Dataset items:
^^^^^^^^^^^^^^^^
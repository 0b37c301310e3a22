-- ===== src/Recognizer/Adapter.antt =====
-- recognizer.rs: `LocalRecognizer`, the adapter that replays and the one that asks a worker over a
-- Unix socket. The socket, the file system (std) and the JSON library are parameters; a canonical
-- path is the list of its components.
use sdr_pi.Base.{
  ℕ, ◌+◌, String, Bool, true, false, not, ◌&&◌, Option, none, some, List, [], ◌∷◌, ◌++◌, Result, ok,
  err, ok_or, map_err, ◌=s◌, leb, length, last, pop, is_newline, newline, if◌then◌else◌,
  starts_with, checked_add,
}
use sdr_pi.Base.Action.{Action, ◌>>=◌, ◌>>◌, pure, lift, map_failure}
use sdr_pi.Recognizer.Messages.{
  RecognitionRequest, RecognitionOutput, RecognitionResponse, RecognizerError,
  recognizer_max_frame_bytes,
}
use sdr_pi.Recognizer.Checks.{
  recognizer_error, require, validate_request, validate_output, validate_response,
}

-- The trait `LocalRecognizer`: a recognizer whose state is an `R`.
pub record LocalRecognizer (R : Type 0) : Type 0 where
  pub classify : RecognitionRequest → Action R RecognizerError RecognitionOutput

-- the text of an error of the library
abbrev pub reported : String → String → RecognizerError
reported operation message = record { code = operation; message = message }

-- `ReplayRecognizerAdapter`: its state is the queue of outputs.
abbrev pub pop_output : Action (List RecognitionOutput) RecognizerError RecognitionOutput
pop_output [] = (recognizer_error "replay_exhausted" "no replay outputs remain", [])
pop_output (output ∷ rest) = (ok output, rest)

unfoldable pub replay_classify :
    RecognitionRequest → Action (List RecognitionOutput) RecognizerError RecognitionOutput
replay_classify request = do
  lift (validate_request request)
  output ← pop_output
  lift (validate_output request output)
  pure output

abbrev pub replay_recognizer : LocalRecognizer (List RecognitionOutput)
replay_recognizer = record { classify = replay_classify }

abbrev pub Components : Type 0
Components = List String

-- The calls of std::fs, each with the text of its error: `metadata` tells whether a path is a regular
-- file, and its length. `to_str` of a path is a text if it is valid UTF-8.
pub record SpoolFiles (N : Type 0) : Type 0 where
  pub canonicalize : String → Action N String Components
  pub metadata : Components → Action N String (Bool × ℕ)
  pub to_str : Components → Option String

-- The calls of std on the socket, as in Controller/Worker, and the JSON library.
pub record WorkerSocket (N : Type 0) : Type 0 where
  pub connect : String → Action N String (Unit {0})
  pub set_read_timeout : ℕ → Action N String (Unit {0})
  pub set_write_timeout : ℕ → Action N String (Unit {0})
  pub write_all : List ℕ → Action N String (Unit {0})
  pub read_until : ℕ → Action N String (List ℕ)
  pub encode : RecognitionRequest → Result String (List ℕ)
  pub decode : List ℕ → Result String RecognitionResponse

-- `Path::starts_with`: the components of the root are the first of the path
unfoldable pub is_below : Components → Components → Bool
is_below path [] = true
is_below [] (r ∷ root) = false
is_below (c ∷ path) (r ∷ root) = (c =s r) && is_below path root

-- the range of the file that the request names
unfoldable pub check_range : RecognitionRequest → ℕ → Result RecognizerError (Unit {0})
check_range request file_length =
    elim (checked_add request.iq.storage.offset_bytes request.iq.storage.length_bytes) [
      | none ↦ recognizer_error "iq_range" "IQ file range overflow"
      | some end ↦ require (leb end file_length) "iq_range" "IQ file range exceeds file length"
    ]

-- the request with the canonical path
abbrev pub with_path : RecognitionRequest → String → RecognitionRequest
with_path request path = record request {
  iq = record (request.iq) { storage = record (request.iq.storage) { path = path } };
}

module _ {N : Type 0} (files : SpoolFiles N) where
  unfoldable pub validate_spool_file :
      String → RecognitionRequest → Action N RecognizerError Components
  validate_spool_file spool_root request = do
    root ← map_failure (reported "canonicalize_spool_root") (files.canonicalize spool_root)
    lift (require (starts_with request.iq.storage.path "/") "iq_path" "IQ path must be absolute")
    path ←
        map_failure (reported "canonicalize_iq_path") (files.canonicalize request.iq.storage.path)
    lift (
        require (is_below path root) "iq_path_escape"
          "IQ path is outside the configured spool root")
    metadata ← map_failure (reported "stat_iq") (files.metadata path)
    lift (require metadata.0 "iq_not_file" "IQ reference is not a regular file")
    lift (check_range request metadata.1)
    pure path

module _ {N : Type 0} (socket : WorkerSocket N) where
  -- the frame of a request, with its newline
  unfoldable pub request_frame : RecognitionRequest → Result RecognizerError (List ℕ)
  request_frame request = elim (socket.encode request) [
    | err e ↦ err (reported "encode_request" e)
    | ok frame ↦
        if not (leb (length frame) recognizer_max_frame_bytes)
        then recognizer_error "request_too_large" "recognizer request exceeds 16 KiB"
        else ok (frame ++ newline ∷ [])
  ]

  -- the response of a frame that was read
  unfoldable pub read_response : List ℕ → Result RecognizerError RecognitionResponse
  read_response frame =
      if not (leb (length frame) (recognizer_max_frame_bytes + 1))
      then recognizer_error "response_too_large" "recognizer response exceeds 16 KiB"
      else if not (is_newline (last frame))
      then recognizer_error "response_framing" "recognizer response is not newline framed"
      else map_err (reported "decode_response") (socket.decode (pop frame))

  -- the exchange with the worker
  unfoldable pub ask_worker : String → ℕ → List ℕ → Action N RecognizerError (List ℕ)
  ask_worker socket_path timeout frame = do
    map_failure (reported "connect") (socket.connect socket_path)
    map_failure (reported "set_read_timeout") (socket.set_read_timeout timeout)
    map_failure (reported "set_write_timeout") (socket.set_write_timeout timeout)
    map_failure (reported "write_request") (socket.write_all frame)
    map_failure (reported "read_response") (socket.read_until (recognizer_max_frame_bytes + 1))

module _ {N : Type 0} (files : SpoolFiles N) (socket : WorkerSocket N) (socket_path : String)
    (spool_root : String) (timeout : ℕ) where
  -- `UnixRecognizerAdapter::classify`
  unfoldable pub socket_classify : RecognitionRequest → Action N RecognizerError RecognitionOutput
  socket_classify request = do
    lift (validate_request request)
    canonical_iq_path ← validate_spool_file files spool_root request
    path ←
        lift
          (ok_or (files.to_str canonical_iq_path) (reported "iq_path" "IQ path is not valid UTF-8"))
    frame ← lift (request_frame socket (with_path request path))
    response_frame ← ask_worker socket socket_path timeout frame
    response ← lift (read_response socket response_frame)
    lift (validate_response request response)

  abbrev pub socket_recognizer : LocalRecognizer N
  socket_recognizer = record { classify = socket_classify }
^^^^^^^^^^^^^^^^
Try it ->
Search the data for the string "SpoolFiles" and copy out every line where it is found.

Your solution ->
pub record SpoolFiles (N : Type 0) : Type 0 where
module _ {N : Type 0} (files : SpoolFiles N) where
module _ {N : Type 0} (files : SpoolFiles N) (socket : WorkerSocket N) (socket_path : String)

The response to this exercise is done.